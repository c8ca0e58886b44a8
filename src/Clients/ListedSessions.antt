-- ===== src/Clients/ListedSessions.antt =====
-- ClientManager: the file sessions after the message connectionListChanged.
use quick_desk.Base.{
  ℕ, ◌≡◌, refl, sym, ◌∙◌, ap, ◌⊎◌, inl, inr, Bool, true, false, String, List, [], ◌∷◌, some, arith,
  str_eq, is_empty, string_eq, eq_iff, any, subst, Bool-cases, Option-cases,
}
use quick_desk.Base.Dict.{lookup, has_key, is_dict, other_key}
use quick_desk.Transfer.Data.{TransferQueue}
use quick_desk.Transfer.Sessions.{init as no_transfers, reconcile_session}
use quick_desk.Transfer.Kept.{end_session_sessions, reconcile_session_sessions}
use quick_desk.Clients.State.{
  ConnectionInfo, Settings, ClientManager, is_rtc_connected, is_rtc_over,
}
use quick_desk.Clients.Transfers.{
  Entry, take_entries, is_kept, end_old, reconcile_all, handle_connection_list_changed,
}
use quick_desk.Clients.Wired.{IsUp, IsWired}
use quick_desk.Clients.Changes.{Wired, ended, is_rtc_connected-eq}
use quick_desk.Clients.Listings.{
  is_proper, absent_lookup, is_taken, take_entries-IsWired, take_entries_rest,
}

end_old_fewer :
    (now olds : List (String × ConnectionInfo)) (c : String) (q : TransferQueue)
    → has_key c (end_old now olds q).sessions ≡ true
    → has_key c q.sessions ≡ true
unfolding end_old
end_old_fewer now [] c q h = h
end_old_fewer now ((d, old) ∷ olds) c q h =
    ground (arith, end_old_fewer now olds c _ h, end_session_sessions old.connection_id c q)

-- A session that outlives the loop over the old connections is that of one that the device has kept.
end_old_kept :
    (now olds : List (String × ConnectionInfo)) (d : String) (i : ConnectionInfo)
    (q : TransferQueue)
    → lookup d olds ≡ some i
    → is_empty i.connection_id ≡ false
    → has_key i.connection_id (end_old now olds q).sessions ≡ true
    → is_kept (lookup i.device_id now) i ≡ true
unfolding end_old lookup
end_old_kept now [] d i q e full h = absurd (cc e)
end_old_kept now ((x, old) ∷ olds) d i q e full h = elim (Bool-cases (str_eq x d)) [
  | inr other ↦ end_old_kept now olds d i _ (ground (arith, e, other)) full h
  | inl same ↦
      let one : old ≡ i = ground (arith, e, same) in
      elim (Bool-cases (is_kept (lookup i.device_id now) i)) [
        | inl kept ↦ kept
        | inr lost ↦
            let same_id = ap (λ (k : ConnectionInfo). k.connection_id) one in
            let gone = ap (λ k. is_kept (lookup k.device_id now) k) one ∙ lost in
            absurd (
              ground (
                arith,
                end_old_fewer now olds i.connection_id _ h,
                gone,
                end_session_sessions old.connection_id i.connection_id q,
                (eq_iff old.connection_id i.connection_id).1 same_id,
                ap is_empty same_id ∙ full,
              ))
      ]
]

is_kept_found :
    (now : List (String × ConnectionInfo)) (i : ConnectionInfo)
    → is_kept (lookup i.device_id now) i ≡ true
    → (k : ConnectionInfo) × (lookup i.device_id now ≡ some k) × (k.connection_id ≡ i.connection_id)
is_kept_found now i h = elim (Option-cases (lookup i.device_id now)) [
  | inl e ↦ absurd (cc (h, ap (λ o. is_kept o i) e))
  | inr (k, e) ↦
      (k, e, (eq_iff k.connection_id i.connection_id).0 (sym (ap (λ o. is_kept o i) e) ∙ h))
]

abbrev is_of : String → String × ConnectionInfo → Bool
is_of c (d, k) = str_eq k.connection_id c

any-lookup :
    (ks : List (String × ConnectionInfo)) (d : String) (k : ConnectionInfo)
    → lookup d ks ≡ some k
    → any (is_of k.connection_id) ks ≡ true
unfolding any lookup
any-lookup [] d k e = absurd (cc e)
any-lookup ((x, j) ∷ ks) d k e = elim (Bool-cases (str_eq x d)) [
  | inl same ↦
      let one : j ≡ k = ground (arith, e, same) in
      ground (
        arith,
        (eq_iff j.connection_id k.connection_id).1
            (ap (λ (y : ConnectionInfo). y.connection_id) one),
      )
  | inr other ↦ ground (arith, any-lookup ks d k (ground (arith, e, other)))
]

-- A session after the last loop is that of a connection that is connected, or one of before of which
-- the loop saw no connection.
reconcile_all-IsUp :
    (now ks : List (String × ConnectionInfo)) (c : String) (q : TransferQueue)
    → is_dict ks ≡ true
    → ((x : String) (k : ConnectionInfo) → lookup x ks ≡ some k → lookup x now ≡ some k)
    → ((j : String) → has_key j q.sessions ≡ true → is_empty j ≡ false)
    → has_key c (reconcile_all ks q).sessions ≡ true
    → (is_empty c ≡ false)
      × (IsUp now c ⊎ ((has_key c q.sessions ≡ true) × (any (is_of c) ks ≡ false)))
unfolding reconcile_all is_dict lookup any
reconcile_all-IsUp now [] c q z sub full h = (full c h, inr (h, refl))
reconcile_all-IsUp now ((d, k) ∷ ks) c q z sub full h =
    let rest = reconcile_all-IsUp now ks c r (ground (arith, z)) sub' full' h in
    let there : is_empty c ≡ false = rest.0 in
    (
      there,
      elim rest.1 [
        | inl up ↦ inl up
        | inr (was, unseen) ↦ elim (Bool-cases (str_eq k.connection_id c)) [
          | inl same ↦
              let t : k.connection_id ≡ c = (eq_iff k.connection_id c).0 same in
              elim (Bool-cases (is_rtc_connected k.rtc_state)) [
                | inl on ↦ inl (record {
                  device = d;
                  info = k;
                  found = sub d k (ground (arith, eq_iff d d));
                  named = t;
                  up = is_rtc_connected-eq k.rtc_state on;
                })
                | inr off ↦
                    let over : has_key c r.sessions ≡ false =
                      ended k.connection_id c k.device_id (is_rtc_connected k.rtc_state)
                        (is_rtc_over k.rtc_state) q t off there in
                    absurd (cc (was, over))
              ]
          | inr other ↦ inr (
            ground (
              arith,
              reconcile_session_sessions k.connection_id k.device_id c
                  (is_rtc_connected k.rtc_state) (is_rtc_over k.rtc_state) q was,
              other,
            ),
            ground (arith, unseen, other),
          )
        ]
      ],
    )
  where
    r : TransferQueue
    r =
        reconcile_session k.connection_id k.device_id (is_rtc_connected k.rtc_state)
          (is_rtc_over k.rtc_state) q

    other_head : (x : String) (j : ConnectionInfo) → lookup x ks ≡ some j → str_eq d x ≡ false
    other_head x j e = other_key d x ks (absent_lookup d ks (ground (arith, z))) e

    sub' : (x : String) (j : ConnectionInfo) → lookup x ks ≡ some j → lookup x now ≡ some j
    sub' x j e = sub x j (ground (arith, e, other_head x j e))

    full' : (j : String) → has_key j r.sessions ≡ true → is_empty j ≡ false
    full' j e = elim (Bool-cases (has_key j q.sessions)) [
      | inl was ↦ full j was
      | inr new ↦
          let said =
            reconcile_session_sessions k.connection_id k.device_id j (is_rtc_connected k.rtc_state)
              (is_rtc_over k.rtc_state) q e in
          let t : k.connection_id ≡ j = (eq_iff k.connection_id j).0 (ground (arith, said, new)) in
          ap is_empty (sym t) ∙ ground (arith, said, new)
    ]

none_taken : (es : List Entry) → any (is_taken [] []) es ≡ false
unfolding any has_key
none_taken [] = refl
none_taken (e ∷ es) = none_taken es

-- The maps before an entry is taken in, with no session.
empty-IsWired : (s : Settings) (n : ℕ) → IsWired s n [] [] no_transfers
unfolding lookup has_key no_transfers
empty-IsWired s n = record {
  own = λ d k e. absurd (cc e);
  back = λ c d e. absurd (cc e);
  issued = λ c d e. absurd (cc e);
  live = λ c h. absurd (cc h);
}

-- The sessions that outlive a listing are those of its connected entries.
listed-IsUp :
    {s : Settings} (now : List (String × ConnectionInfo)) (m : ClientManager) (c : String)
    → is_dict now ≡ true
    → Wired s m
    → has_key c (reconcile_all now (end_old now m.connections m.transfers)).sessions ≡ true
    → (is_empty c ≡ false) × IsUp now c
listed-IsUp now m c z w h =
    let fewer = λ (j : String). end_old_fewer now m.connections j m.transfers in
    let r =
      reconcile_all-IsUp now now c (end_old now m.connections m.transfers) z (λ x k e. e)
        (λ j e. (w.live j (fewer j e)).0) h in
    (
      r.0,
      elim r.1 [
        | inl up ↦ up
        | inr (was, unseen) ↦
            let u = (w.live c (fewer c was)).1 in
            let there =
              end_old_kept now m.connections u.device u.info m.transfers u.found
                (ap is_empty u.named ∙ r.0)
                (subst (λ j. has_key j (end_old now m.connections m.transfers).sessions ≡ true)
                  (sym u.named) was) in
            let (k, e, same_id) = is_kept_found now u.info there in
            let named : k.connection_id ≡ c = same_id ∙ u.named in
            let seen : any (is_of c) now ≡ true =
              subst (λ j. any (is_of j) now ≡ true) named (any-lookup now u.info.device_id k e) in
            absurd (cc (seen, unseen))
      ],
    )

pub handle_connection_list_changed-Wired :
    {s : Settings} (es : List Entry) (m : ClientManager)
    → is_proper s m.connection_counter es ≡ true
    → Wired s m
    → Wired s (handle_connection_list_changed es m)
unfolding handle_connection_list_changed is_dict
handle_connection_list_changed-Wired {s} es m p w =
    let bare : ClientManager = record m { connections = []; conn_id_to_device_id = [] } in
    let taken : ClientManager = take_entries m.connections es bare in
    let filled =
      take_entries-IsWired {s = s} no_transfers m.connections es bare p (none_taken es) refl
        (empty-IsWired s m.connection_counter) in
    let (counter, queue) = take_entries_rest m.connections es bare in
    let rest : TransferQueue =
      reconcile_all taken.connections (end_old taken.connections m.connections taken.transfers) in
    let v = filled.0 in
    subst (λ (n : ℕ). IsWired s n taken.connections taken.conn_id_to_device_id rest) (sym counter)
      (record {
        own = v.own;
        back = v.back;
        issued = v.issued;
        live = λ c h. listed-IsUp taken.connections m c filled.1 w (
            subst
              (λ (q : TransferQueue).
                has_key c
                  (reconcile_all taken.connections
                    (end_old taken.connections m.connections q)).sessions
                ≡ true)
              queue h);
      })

TASK GOAL
Only lines that contain the string "TransferQueue" count; pick each one out of the records and copy it.

WORKED SOLUTION
use quick_desk.Transfer.Data.{TransferQueue}
    (now olds : List (String × ConnectionInfo)) (c : String) (q : TransferQueue)
    (q : TransferQueue)
    (now ks : List (String × ConnectionInfo)) (c : String) (q : TransferQueue)
    r : TransferQueue
    let rest : TransferQueue =
              (λ (q : TransferQueue).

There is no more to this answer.